:: Records to process ::

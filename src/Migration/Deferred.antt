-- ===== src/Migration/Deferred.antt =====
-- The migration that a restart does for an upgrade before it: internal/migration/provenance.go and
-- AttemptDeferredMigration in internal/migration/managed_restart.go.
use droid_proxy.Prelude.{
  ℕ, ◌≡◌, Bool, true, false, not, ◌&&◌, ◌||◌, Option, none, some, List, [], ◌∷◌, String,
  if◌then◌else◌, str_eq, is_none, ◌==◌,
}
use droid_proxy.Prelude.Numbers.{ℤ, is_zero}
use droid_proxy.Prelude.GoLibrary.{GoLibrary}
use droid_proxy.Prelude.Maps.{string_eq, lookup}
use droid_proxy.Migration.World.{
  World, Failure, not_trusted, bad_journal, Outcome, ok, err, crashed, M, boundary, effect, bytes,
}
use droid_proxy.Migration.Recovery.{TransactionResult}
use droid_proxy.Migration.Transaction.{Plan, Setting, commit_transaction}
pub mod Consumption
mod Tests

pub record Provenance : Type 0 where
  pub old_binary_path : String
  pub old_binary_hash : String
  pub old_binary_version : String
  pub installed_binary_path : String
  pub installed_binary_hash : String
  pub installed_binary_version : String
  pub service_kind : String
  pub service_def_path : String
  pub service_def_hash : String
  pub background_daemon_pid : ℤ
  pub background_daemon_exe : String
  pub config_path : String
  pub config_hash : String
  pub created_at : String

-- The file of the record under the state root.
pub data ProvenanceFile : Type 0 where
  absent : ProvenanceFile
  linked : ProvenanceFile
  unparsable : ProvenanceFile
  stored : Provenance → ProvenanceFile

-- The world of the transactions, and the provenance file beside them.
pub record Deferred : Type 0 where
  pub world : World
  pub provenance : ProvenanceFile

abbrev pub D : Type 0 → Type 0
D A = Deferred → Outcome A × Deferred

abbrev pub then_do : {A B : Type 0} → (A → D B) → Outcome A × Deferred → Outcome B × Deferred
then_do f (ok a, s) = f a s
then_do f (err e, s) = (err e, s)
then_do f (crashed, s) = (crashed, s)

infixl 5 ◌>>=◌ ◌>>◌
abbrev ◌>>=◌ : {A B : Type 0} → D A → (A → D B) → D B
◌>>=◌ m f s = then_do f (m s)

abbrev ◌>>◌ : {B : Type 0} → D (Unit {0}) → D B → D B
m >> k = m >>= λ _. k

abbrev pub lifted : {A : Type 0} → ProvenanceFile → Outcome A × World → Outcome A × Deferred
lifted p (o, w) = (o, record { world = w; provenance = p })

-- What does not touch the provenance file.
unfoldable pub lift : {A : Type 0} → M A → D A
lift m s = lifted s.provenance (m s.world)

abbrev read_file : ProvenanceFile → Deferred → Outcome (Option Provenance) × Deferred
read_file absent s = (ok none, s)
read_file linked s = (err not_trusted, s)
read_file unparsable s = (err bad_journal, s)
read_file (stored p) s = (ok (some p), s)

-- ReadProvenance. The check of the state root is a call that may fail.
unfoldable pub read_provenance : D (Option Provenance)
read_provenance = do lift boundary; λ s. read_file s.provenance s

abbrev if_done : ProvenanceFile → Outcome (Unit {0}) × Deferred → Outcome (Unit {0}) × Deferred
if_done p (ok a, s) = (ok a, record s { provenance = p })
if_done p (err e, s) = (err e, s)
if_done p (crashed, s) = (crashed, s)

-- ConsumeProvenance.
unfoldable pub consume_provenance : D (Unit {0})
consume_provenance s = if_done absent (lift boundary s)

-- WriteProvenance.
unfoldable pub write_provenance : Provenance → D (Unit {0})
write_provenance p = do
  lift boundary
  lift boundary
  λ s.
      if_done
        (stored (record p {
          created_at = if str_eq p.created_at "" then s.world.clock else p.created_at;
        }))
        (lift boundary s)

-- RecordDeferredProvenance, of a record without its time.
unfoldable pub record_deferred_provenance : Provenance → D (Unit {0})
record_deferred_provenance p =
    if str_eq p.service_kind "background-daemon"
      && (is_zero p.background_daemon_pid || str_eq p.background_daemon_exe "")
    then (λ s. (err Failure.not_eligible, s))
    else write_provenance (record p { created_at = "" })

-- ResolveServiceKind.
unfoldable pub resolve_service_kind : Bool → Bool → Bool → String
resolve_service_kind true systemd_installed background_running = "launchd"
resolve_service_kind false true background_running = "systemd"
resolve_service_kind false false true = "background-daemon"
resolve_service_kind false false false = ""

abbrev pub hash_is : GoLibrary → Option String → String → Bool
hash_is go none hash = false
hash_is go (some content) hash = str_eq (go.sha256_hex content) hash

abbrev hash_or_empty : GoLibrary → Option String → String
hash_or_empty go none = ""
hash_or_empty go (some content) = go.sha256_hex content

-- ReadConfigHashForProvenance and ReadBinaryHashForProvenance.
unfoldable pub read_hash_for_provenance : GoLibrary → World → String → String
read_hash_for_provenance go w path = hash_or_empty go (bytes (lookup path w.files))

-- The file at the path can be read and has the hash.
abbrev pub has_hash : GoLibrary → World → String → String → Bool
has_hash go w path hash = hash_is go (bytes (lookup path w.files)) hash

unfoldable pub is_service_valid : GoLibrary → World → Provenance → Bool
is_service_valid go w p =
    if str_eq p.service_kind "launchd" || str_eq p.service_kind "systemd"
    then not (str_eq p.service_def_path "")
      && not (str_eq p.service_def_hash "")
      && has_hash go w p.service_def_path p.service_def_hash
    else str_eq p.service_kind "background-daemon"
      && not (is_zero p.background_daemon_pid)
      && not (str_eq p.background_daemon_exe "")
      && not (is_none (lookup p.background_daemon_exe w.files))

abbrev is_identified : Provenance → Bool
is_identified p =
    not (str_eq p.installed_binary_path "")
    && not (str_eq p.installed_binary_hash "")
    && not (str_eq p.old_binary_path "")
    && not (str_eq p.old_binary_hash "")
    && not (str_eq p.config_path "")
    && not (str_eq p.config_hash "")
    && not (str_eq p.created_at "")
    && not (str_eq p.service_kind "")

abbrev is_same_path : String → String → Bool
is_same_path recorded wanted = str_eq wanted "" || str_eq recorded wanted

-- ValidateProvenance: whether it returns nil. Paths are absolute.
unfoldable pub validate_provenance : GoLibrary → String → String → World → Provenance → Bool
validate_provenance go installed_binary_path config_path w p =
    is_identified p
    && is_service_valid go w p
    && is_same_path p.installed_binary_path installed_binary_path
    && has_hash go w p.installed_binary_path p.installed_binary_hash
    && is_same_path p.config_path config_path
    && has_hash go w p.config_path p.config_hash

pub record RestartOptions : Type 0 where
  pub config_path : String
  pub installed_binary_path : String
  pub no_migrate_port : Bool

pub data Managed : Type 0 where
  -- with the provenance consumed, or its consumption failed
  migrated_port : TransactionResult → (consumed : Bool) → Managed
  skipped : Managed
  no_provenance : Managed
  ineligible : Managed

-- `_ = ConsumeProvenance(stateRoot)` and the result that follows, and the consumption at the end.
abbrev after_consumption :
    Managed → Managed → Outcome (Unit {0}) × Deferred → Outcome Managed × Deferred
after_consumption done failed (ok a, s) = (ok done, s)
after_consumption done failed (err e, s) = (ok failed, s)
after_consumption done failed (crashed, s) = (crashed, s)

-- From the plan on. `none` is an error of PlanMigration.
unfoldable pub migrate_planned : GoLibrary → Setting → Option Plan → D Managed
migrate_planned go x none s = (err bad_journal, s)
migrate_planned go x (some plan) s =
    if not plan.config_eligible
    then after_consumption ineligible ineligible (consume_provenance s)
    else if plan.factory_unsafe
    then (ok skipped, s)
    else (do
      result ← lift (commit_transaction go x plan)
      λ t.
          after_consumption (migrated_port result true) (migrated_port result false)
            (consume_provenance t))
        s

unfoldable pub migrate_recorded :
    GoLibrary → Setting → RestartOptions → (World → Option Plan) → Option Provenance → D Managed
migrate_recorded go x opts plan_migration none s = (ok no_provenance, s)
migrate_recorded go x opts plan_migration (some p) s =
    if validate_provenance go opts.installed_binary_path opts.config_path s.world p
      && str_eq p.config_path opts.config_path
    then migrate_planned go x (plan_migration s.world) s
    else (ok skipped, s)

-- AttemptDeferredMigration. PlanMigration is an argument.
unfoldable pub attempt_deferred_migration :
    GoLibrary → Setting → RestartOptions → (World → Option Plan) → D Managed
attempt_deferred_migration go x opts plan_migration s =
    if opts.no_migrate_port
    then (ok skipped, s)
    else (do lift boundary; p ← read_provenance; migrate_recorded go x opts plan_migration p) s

:::
:: Records to process ::

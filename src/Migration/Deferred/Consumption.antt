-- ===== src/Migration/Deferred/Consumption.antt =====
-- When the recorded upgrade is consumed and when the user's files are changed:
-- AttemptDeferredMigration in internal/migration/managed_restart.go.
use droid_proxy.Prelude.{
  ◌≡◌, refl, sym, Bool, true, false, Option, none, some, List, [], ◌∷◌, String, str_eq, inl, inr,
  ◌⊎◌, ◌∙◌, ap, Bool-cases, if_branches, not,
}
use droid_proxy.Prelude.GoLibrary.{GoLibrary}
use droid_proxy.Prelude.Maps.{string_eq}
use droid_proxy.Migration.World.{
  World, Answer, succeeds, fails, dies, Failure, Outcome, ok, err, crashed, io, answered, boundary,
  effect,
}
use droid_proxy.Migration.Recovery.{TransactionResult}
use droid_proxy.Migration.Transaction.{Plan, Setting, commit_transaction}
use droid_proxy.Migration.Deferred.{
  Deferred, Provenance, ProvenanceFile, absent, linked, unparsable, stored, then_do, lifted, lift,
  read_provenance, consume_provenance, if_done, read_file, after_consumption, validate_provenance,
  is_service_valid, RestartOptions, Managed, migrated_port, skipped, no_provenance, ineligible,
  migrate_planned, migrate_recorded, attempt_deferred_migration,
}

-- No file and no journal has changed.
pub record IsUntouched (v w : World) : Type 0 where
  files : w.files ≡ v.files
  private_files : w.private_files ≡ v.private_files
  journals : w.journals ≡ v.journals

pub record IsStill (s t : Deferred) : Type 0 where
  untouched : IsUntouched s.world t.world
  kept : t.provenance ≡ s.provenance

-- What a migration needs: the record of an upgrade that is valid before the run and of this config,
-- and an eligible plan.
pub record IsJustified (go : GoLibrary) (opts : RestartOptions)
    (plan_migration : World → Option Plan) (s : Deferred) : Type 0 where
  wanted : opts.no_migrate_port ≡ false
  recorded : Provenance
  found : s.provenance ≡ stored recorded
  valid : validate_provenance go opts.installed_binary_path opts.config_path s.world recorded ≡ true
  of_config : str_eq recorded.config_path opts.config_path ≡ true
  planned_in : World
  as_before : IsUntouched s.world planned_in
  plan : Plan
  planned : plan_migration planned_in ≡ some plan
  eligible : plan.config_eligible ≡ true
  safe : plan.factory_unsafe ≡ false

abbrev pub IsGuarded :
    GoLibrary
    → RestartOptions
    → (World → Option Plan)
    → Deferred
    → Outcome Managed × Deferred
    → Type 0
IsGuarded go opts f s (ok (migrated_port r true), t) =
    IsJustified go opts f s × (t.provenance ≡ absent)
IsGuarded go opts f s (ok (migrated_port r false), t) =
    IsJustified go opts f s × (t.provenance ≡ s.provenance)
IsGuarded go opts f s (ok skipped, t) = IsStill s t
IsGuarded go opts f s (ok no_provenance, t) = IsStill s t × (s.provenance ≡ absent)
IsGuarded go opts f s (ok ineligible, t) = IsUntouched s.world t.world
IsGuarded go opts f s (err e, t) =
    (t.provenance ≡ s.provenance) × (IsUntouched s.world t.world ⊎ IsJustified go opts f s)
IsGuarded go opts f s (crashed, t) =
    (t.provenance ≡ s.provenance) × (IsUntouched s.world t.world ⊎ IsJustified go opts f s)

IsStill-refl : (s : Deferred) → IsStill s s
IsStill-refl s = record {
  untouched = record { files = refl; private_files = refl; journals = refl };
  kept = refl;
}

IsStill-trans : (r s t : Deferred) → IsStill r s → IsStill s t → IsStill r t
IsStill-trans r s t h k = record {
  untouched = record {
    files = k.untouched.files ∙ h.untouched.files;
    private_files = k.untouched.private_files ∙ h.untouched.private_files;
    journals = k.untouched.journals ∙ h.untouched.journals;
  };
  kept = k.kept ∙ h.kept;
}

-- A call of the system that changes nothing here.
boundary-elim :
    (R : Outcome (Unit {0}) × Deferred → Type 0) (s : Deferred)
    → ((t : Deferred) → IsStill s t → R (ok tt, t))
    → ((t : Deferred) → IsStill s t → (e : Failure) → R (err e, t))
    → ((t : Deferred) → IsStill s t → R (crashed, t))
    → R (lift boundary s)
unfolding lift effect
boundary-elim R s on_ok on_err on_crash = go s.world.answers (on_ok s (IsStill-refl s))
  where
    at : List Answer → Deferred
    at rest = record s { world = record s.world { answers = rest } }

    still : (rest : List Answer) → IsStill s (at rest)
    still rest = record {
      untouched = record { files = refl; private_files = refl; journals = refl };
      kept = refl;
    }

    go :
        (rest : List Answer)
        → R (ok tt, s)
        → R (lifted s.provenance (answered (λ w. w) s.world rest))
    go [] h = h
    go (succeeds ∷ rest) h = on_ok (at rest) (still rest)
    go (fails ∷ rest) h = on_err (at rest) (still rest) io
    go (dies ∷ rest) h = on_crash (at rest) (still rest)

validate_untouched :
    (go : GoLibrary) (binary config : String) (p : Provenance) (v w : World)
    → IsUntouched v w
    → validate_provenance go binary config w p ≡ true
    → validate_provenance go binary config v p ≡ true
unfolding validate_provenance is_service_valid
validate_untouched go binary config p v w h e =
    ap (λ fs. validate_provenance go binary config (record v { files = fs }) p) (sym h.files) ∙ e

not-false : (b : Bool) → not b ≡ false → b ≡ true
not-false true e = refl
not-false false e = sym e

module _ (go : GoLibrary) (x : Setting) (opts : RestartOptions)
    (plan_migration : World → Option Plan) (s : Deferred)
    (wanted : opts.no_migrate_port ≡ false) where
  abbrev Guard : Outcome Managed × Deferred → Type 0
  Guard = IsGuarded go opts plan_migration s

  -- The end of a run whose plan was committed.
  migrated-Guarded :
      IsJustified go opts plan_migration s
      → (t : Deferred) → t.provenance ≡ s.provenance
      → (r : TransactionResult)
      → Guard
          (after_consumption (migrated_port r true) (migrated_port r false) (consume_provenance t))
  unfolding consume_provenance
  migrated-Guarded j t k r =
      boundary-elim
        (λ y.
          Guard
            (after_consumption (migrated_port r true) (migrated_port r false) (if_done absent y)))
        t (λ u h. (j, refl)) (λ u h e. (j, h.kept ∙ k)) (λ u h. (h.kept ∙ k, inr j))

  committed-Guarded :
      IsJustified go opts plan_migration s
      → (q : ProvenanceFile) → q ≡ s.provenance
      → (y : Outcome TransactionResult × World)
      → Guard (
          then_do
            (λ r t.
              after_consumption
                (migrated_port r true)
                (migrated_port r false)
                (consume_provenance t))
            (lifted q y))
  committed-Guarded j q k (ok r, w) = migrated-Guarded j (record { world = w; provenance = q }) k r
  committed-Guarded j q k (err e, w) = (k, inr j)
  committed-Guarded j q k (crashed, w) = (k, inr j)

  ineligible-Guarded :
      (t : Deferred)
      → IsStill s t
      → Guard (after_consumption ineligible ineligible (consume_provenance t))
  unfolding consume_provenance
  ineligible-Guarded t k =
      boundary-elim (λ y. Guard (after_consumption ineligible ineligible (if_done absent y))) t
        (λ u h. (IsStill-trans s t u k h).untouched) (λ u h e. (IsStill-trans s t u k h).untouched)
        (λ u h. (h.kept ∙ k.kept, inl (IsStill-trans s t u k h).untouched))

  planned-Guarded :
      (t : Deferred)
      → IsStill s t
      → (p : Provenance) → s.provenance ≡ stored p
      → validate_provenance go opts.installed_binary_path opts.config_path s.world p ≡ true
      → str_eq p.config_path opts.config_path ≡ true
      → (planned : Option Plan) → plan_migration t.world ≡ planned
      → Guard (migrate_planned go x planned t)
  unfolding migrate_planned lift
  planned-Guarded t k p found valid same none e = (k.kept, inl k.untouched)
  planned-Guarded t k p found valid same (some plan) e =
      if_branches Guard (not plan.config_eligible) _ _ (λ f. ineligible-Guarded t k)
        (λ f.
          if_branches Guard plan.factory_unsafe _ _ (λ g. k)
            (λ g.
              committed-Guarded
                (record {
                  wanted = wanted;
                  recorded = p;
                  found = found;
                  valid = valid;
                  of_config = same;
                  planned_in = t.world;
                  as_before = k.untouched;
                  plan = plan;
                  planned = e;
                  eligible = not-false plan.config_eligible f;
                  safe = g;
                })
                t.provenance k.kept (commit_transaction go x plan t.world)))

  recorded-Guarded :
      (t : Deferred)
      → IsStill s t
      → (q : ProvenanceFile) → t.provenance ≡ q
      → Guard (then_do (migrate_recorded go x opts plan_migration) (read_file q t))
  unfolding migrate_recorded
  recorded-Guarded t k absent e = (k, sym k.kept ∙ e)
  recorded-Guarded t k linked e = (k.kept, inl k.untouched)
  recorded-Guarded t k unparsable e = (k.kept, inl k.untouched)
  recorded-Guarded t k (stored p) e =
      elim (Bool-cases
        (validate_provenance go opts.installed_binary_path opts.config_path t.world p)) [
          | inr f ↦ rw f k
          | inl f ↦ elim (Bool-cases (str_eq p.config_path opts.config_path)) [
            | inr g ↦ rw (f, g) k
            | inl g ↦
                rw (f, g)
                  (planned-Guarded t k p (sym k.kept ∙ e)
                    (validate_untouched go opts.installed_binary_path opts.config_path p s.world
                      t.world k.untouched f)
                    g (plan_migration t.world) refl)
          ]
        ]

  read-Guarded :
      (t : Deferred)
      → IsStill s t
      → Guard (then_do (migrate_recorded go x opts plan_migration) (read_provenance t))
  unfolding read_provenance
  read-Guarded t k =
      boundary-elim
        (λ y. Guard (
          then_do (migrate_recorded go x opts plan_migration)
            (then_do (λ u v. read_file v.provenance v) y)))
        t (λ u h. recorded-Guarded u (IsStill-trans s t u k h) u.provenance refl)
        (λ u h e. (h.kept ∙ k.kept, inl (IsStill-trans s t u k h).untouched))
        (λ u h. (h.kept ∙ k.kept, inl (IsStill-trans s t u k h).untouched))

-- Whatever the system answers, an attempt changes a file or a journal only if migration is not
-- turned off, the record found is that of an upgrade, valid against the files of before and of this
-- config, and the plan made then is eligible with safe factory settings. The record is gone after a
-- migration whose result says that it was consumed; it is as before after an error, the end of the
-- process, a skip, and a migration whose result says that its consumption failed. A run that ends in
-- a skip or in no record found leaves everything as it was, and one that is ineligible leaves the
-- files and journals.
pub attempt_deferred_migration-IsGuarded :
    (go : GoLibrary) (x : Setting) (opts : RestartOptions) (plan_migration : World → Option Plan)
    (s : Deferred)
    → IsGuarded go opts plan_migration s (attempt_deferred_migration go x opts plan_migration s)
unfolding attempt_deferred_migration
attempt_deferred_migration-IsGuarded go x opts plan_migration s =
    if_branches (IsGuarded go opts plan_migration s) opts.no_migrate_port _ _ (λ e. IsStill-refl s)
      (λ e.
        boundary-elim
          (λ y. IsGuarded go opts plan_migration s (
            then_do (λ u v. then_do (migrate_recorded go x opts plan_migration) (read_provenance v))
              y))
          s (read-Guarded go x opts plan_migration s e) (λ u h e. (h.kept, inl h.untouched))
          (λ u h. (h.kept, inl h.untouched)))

:::

Would you print, exactly as written, every line above from the one holding "after_consumption done failed (crashed, s)" through the one holding "unfoldable pub attempt_deferred_migration", with both included and no other lines?

Task output:
after_consumption done failed (crashed, s) = (crashed, s)

-- From the plan on. `none` is an error of PlanMigration.
unfoldable pub migrate_planned : GoLibrary → Setting → Option Plan → D Managed
migrate_planned go x none s = (err bad_journal, s)
migrate_planned go x (some plan) s =
    if not plan.config_eligible
    then after_consumption ineligible ineligible (consume_provenance s)
    else if plan.factory_unsafe
    then (ok skipped, s)
    else (do
      result ← lift (commit_transaction go x plan)
      λ t.
          after_consumption (migrated_port result true) (migrated_port result false)
            (consume_provenance t))
        s

unfoldable pub migrate_recorded :
    GoLibrary → Setting → RestartOptions → (World → Option Plan) → Option Provenance → D Managed
migrate_recorded go x opts plan_migration none s = (ok no_provenance, s)
migrate_recorded go x opts plan_migration (some p) s =
    if validate_provenance go opts.installed_binary_path opts.config_path s.world p
      && str_eq p.config_path opts.config_path
    then migrate_planned go x (plan_migration s.world) s
    else (ok skipped, s)

-- AttemptDeferredMigration. PlanMigration is an argument.
unfoldable pub attempt_deferred_migration :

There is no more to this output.